11/7令和7年度小児救急地域医師研修事業講演会がありウェブで参加しました。講師は公益財団法人日本AED財団 理事 桐淵 博先生で「子どもたちのいのちを守るために~ ASUKAモデルと小学校からの救命教育の推進 ~」を拝聴しました。医師は救命処置を行いますが、実際現場では人が倒れた時に一般市民ができることを普及していき、小学生からできることを教育する必要性を勉強しました。平成23年に埼玉の小学6年生の桐田明日香さんが駅伝の練習中突然倒れて亡くなった際に死線期呼吸を知らないため先生たちが救急車到着までAEDを使用しなかった事実を契機に埼玉市教育委員長であった桐淵先生は、事故を教訓にして埼玉市はASUKAモデルを確立されました。埼玉市では教員が多数心肺蘇生法を学習して疾病者発生時対応訓練をしたり、小学5年生から講習会を開始し事故後AEDの使用が39例に増加したとのことでした。人の生死に素人は手を出さないという社会意識が問題であり、以前は学校では養護教諭が来るまで手を出さないという認識が多かったそうです。AEDの普及だけでなく小学生から心肺蘇生法の教育により躊躇せず心マッサージとAEDを使用するパラダイムシフトを広めることが肝要であるとのことでした。ASUKAモデルは「わからなかったら救命処置を始める」という認識の普及を目指しています。最新の市民によるBLSのアルゴリズムでは呼びかけに反応しない場合胸骨圧迫しながらAEDを装着することが明記されています。学校での突然死は年間30-60名あり体育授業中が多い、心室細動が原因の場合が多く、心室細動後数分で心停止に至るのでその間に心肺蘇生法を行わないと脳に血流がいかないことなど実際のAEDに記録された心電図と現場の音声、AED使用後の心電図の波形の回復も提示して頂きました。AEDの使用の決定と使用はスキルよりマインド、学校であれば3分以内に電気ショックを使用できるように訓練することを目指すとのことでした。健康な人でも生じる心臓震盪(ポールが前胸部に当たって心停止が起こる)の例やpushプロジェクトメッセージも紹介され、AEDを装着されたら周囲の人を落ち着かせる(応援の声でAEDの音が聞こえにくくならないように)ことも教えて頂きました。教職員に対する桐淵先生の講演後のアンケートでは心肺蘇生やAEDの有効性の理解と安全性の理解することで自信の向上にはつながっていますが養護教諭以外はまだまだできると答える人は増加していないので更なる認知普及が必要とのことでした。学校で心臓疾患のある生徒に毎年仮想訓練をしていたので養護教諭が来る前に心臓マッサージ後速やかにAEDを使用できた先生達の行動、現場から119番通報しないと状況が伝わらないこと、AEDの種類があるので事前に確認することなども詳細に教えて頂きました。子供にもみんなで命を守ろうという認識で教育、訓練することの重要性を学びました。先生の明日香さんの死を教訓にした取り組みに非常に感銘を受けました。

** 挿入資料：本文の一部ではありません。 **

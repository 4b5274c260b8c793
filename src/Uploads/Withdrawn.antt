-- ===== src/Uploads/Withdrawn.antt =====
-- What the removal and the cancellation of tasks do to the others
-- (src/thumbelina/rag/pipeline/upload_tasks.py).
use mathlib.Core.Option.{some_inj}
use mathlib.Core.Path.{subst}
use thumbelina.Prelude.{
  ℕ, String, Bool, true, false, Option, none, some, List, [], ◌∷◌, Dict, lookup, insert, pop,
  lookup-insert, lookup-pop, str_eq, eq_iff, if_both, if_known, ◌≡◌, refl, sym, ap, ◌∙◌, ◌⊎◌, inl,
  inr, arith, Bool-cases, Option-cases,
}
use thumbelina.Uploads.{
  UploadStatus, UploadTask, UploadTaskManager, is_terminal, is_pending, evict_finished, set_event,
  new_task, create, remove_found, cancel_active, cancel_found, cancel, cancel_each,
}
use thumbelina.Uploads.Table.{
  IsTable, insert-IsTable, pop-IsTable, lookup-id, evict_finished-IsTable, lookup-evict_finished,
  gone-evict_finished,
}
use thumbelina.Uploads.Statuses.{IsLater, Later, Follows, Follows-refl, IsLater-refl}

pub remove-Follows :
    (id : String) (o : Option UploadTask) (s : UploadTaskManager)
    → lookup id s.tasks ≡ o
    → Follows s (remove_found id o s).1
unfolding remove_found Later
remove-Follows id none s e = Follows-refl s
remove-Follows id (some t) s e =
    let s' = set_event t.cancel_event (record s { tasks = pop id s.tasks }) in
    record {
      table = λ h. pop-IsTable id s.tasks h;
      later = λ x u h f. subst (Later s s' u) (sym (lookup-pop id x s.tasks)) (
          if_known (Later s s' u) (str_eq id x)
            (λ same.
              let v : t ≡ u =
                some_inj.0 (sym e ∙ ap (λ k. lookup k s.tasks) ((eq_iff id x).0 same) ∙ f) in
              inr (ground (arith, v)))
            (λ other. subst (Later s s' u) (sym f) (IsLater-refl s u)));
    }

-- an object that eviction leaves or takes
evicted-Later :
    (s s' : UploadTaskManager) (t u : UploadTask) (x : String) (d : Dict UploadTask)
    → IsTable d
    → lookup x d ≡ some u
    → IsLater s t u
    → (is_terminal u.status ≡ true → Later s s' t none)
    → Later s s' t (lookup x (evict_finished d))
unfolding Later
evicted-Later s s' t u x d h e l g = elim (lookup-evict_finished x u d h e) [
  | inl stays ↦ subst (Later s s' t) (sym stays) l
  | inr (gone, ended) ↦ subst (Later s s' t) (sym gone) (g ended)
]

pub create-Follows :
    (id kb_id kind label : String) (total_files now : ℕ) (s : UploadTaskManager)
    → lookup id s.tasks ≡ none
    → Follows s (create id kb_id kind label total_files now s).1
unfolding create Later
create-Follows id kb_id kind label total_files now s e =
    let task = new_task id kb_id kind label total_files now s.next_event in
    let grown = λ (h : IsTable s.tasks). insert-IsTable id task s.tasks refl h in
    record {
      table = λ h. evict_finished-IsTable (insert id task s.tasks) (grown h);
      later = λ x u h f.
          evicted-Later s (create id kb_id kind label total_files now s).1 u u x
            (insert id task s.tasks) (grown h)
            (lookup-insert id x task s.tasks ∙ ground (arith, eq_iff id x, e, f)) (IsLater-refl s u)
            inl;
    }

gone_found : {o : Option UploadTask} {u : UploadTask} → o ≡ none → o ≡ some u → ⊥
gone_found e f = cc

-- A change that ends a task only by setting its event, so that such changes compose.
pub record Withdraws (s s' : UploadTaskManager) : Type 0 where
  pub follows : Follows s s'
  sets : (i : ℕ) → s.is_set i ≡ true → s'.is_set i ≡ true
  gone : (x : String) → lookup x s.tasks ≡ none → lookup x s'.tasks ≡ none
  ended :
      (x : String) (t u : UploadTask)
      → IsTable s.tasks
      → lookup x s.tasks ≡ some t
      → lookup x s'.tasks ≡ some u
      → is_terminal u.status ≡ true
      → (is_terminal t.status ≡ true) ⊎ (s'.is_set t.cancel_event ≡ true)

Withdraws-refl : (s : UploadTaskManager) → Withdraws s s
Withdraws-refl s = record {
  follows = Follows-refl s;
  sets = λ i h. h;
  gone = λ x h. h;
  ended = λ x t u g e f h.
      inl (ap (λ (v : UploadTask). is_terminal v.status) (some_inj.0 (sym e ∙ f)) ∙ h);
}

IsLater-trans :
    (s s' : UploadTaskManager) (t u v : UploadTask)
    → ((i : ℕ) → s.is_set i ≡ true → s'.is_set i ≡ true)
    → IsLater s t u
    → IsLater s' u v
    → IsLater s t v
IsLater-trans s s' t u v w l m = record {
  id = m.id ∙ l.id;
  event = m.event ∙ l.event;
  final = λ h. m.final (ap is_terminal (l.final h) ∙ h) ∙ l.final h;
  waits = λ h. l.waits (m.waits h);
  starts = λ h. elim (m.starts h) [
    | inl running ↦ l.starts running
    | inr (waiting, clear) ↦ inr (l.waits waiting, ground (arith, w t.cancel_event, clear, l.event))
  ];
}

Later-trans :
    (s s' s'' : UploadTaskManager) (x : String) (t : UploadTask) (o : Option UploadTask)
    → Withdraws s s'
    → Withdraws s' s''
    → IsTable s.tasks
    → lookup x s.tasks ≡ some t
    → lookup x s'.tasks ≡ o
    → Later s s' t o
    → Later s s'' t (lookup x s''.tasks)
unfolding Later
Later-trans s s' s'' x t none w v h e f l =
    subst (Later s s'' t) (sym (v.gone x f)) (ground (arith, l, v.sets t.cancel_event))
Later-trans s s' s'' x t (some u) w v h e f l =
    onto (lookup x s''.tasks) (v.follows.later x u (w.follows.table h) f)
  where
    onto : (o : Option UploadTask) → Later s' s'' u o → Later s s'' t o
    onto none m = ground (arith, m, w.ended x t u h e f, v.sets t.cancel_event, l.event)
    onto (some y) m = IsLater-trans s s' t u y w.sets l m

still_ended :
    (s s' s'' : UploadTaskManager) (t y : UploadTask)
    → Withdraws s' s''
    → Later s s' t (some y)
    → (is_terminal y.status ≡ true) ⊎ (s''.is_set y.cancel_event ≡ true)
    → (is_terminal y.status ≡ true
        → (is_terminal t.status ≡ true) ⊎ (s'.is_set t.cancel_event ≡ true))
    → (is_terminal t.status ≡ true) ⊎ (s''.is_set t.cancel_event ≡ true)
unfolding Later
still_ended s s' s'' t y v l m n = ground (arith, m, n, v.sets t.cancel_event, l.event)

Withdraws-trans :
    (s s' s'' : UploadTaskManager) → Withdraws s s' → Withdraws s' s'' → Withdraws s s''
Withdraws-trans s s' s'' w v = record {
  follows = record {
    table = λ h. v.follows.table (w.follows.table h);
    later = λ x t h e.
        Later-trans s s' s'' x t (lookup x s'.tasks) w v h e refl (w.follows.later x t h e);
  };
  sets = λ i h. v.sets i (w.sets i h);
  gone = λ x h. v.gone x (w.gone x h);
  ended = λ x t u g e f h. elim (Option-cases (lookup x s'.tasks)) [
    | inl gone ↦ absurd (gone_found (v.gone x gone) f)
    | inr (y, at) ↦
        let l : Later s s' t (some y) = subst (Later s s' t) at (w.follows.later x t g e) in
        still_ended s s' s'' t y v l (v.ended x y u (w.follows.table g) at f h)
          (w.ended x t y g e at)
  ];
}

-- the cancelled object, put into the table and followed by an eviction
cancelled_of : UploadTask → UploadTask
cancelled_of t = record t { status = UploadStatus.cancelled; stage = "done" }

cancelled-IsLater :
    (s : UploadTaskManager) (t : UploadTask)
    → is_terminal t.status ≡ false
    → IsLater s t (cancelled_of t)
unfolding cancelled_of is_pending
cancelled-IsLater s t h = record {
  id = refl;
  event = refl;
  final = λ g. cc;
  waits = λ g. cc;
  starts = λ g. cc;
}

-- the cancellation of a task of the queue
module _ (id : String) (t : UploadTask) (s : UploadTaskManager) (e : lookup id s.tasks ≡ some t)
    (active : is_terminal t.status ≡ false) where
  abbrev put_cancelled : Dict UploadTask
  put_cancelled = insert id (cancelled_of t) s.tasks

  abbrev after : UploadTaskManager
  after = record (set_event t.cancel_event s) { tasks = evict_finished put_cancelled }

  kept : IsTable s.tasks → IsTable put_cancelled
  unfolding cancelled_of
  kept h = insert-IsTable id (cancelled_of t) s.tasks (lookup-id id t s.tasks h e) h

  same_task : (x : String) {y : UploadTask} → str_eq id x ≡ true → lookup x s.tasks ≡ some y → t ≡ y
  same_task x same f = some_inj.0 (sym e ∙ ap (λ k. lookup k s.tasks) ((eq_iff id x).0 same) ∙ f)

  lookup_same : (x : String) → str_eq id x ≡ true → lookup x put_cancelled ≡ some (cancelled_of t)
  lookup_same x same = lookup-insert id x (cancelled_of t) s.tasks ∙ ground (arith, same)

  lookup_other : (x : String) → str_eq id x ≡ false → lookup x put_cancelled ≡ lookup x s.tasks
  lookup_other x other = lookup-insert id x (cancelled_of t) s.tasks ∙ ground (arith, other)

  cancelled-Later :
      (x : String) (y : UploadTask)
      → IsTable s.tasks
      → lookup x s.tasks ≡ some y
      → Later s after y (lookup x (evict_finished put_cancelled))
  unfolding Later
  cancelled-Later x y h f = elim (Bool-cases (str_eq id x)) [
    | inl same ↦
        subst (λ z. Later s after z (lookup x (evict_finished put_cancelled))) (same_task x same f)
          (evicted-Later s after t (cancelled_of t) x put_cancelled (kept h) (lookup_same x same)
            (cancelled-IsLater s t active) (λ g. inr (ground arith)))
    | inr other ↦
        evicted-Later s after y y x put_cancelled (kept h) (lookup_other x other ∙ f)
          (IsLater-refl s y) inl
  ]

  cancelled_ended :
      (x : String) (y v : UploadTask)
      → IsTable s.tasks
      → lookup x s.tasks ≡ some y
      → lookup x (evict_finished put_cancelled) ≡ some v
      → is_terminal v.status ≡ true
      → (is_terminal y.status ≡ true) ⊎ (after.is_set y.cancel_event ≡ true)
  cancelled_ended x y v h f g k = elim (Bool-cases (str_eq id x)) [
    | inl same ↦ inr (ground (arith, ap (λ (z : UploadTask). z.cancel_event) (same_task x same f)))
    | inr other ↦
        elim (lookup-evict_finished x y put_cancelled (kept h) (lookup_other x other ∙ f)) [
          | inl stays ↦
              inl (ap (λ (z : UploadTask). is_terminal z.status) (some_inj.0 (sym stays ∙ g)) ∙ k)
          | inr (gone, ended) ↦ inl ended
        ]
  ]

  cancelled_gone :
      (x : String) → lookup x s.tasks ≡ none → lookup x (evict_finished put_cancelled) ≡ none
  cancelled_gone x h = elim (Bool-cases (str_eq id x)) [
    | inl same ↦ absurd (gone_found (ap (λ k. lookup k s.tasks) ((eq_iff id x).0 same) ∙ h) e)
    | inr other ↦ gone-evict_finished x put_cancelled (lookup_other x other ∙ h)
  ]

  cancel_pending-Withdraws : Withdraws s after
  cancel_pending-Withdraws = record {
    follows = record {
      table = λ h. evict_finished-IsTable put_cancelled (kept h);
      later = cancelled-Later;
    };
    sets = λ i h. ground (arith, h);
    gone = cancelled_gone;
    ended = cancelled_ended;
  }

-- the cancellation of a task that runs sets its event
set_event-Withdraws : (i : ℕ) (s : UploadTaskManager) → Withdraws s (set_event i s)
unfolding Later
set_event-Withdraws i s = record {
  follows = record {
    table = λ h. h;
    later = λ x t h e. subst (Later s (set_event i s) t) (sym e) (IsLater-refl s t);
  };
  sets = λ j h. ground (arith, h);
  gone = λ x h. h;
  ended = λ x t u g e f h.
      inl (ap (λ (v : UploadTask). is_terminal v.status) (some_inj.0 (sym e ∙ f)) ∙ h);
}

cancel_found-Withdraws :
    (id : String) (o : Option UploadTask) (s : UploadTaskManager)
    → lookup id s.tasks ≡ o
    → Withdraws s (cancel_found id o s).1
unfolding cancel_found cancel_active cancelled_of
cancel_found-Withdraws id none s e = Withdraws-refl s
cancel_found-Withdraws id (some t) s e =
    if_known (λ (r : Bool × UploadTaskManager). Withdraws s r.1) (is_terminal t.status)
      (λ h. Withdraws-refl s)
      (λ h.
        if_both (Withdraws s) (is_pending t.status) (cancel_pending-Withdraws id t s e h)
          (set_event-Withdraws t.cancel_event s))

pub cancel-Withdraws : (id : String) (s : UploadTaskManager) → Withdraws s (cancel id s).1
unfolding cancel
cancel-Withdraws id s = cancel_found-Withdraws id (lookup id s.tasks) s refl

pub cancel_each-Withdraws :
    (ids : List String) (s : UploadTaskManager) → Withdraws s (cancel_each ids s).1
unfolding cancel_each
cancel_each-Withdraws [] s = Withdraws-refl s
cancel_each-Withdraws (id ∷ ids) s =
    let s' = (cancel id s).1 in
    Withdraws-trans s s' (cancel_each ids s').1 (cancel-Withdraws id s)
      (cancel_each-Withdraws ids s')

11/2宇部まつりでディズニーリゾートスペシャルパレードがあるということで観に行きました。渡邉翁記念館前にダッフィーバスが展示されそちらも人が多かったですが、朝11時スタートということで10時半に行ったら多くの人で賑わっていました。2台のバスがついてその間にジャンボリーミッキーを踊る予定の地元の少年少女たちがスタンバイしておりミッキーたちが出てくると大いに盛り上がりました。2台の車に分乗してミッキー、ミニー、グーフィー、チップとデールなどキャラクターが踊りながら皆の前を通り過ぎて行きました。15万人の人手であったということで童心に戻った気分で楽しめました。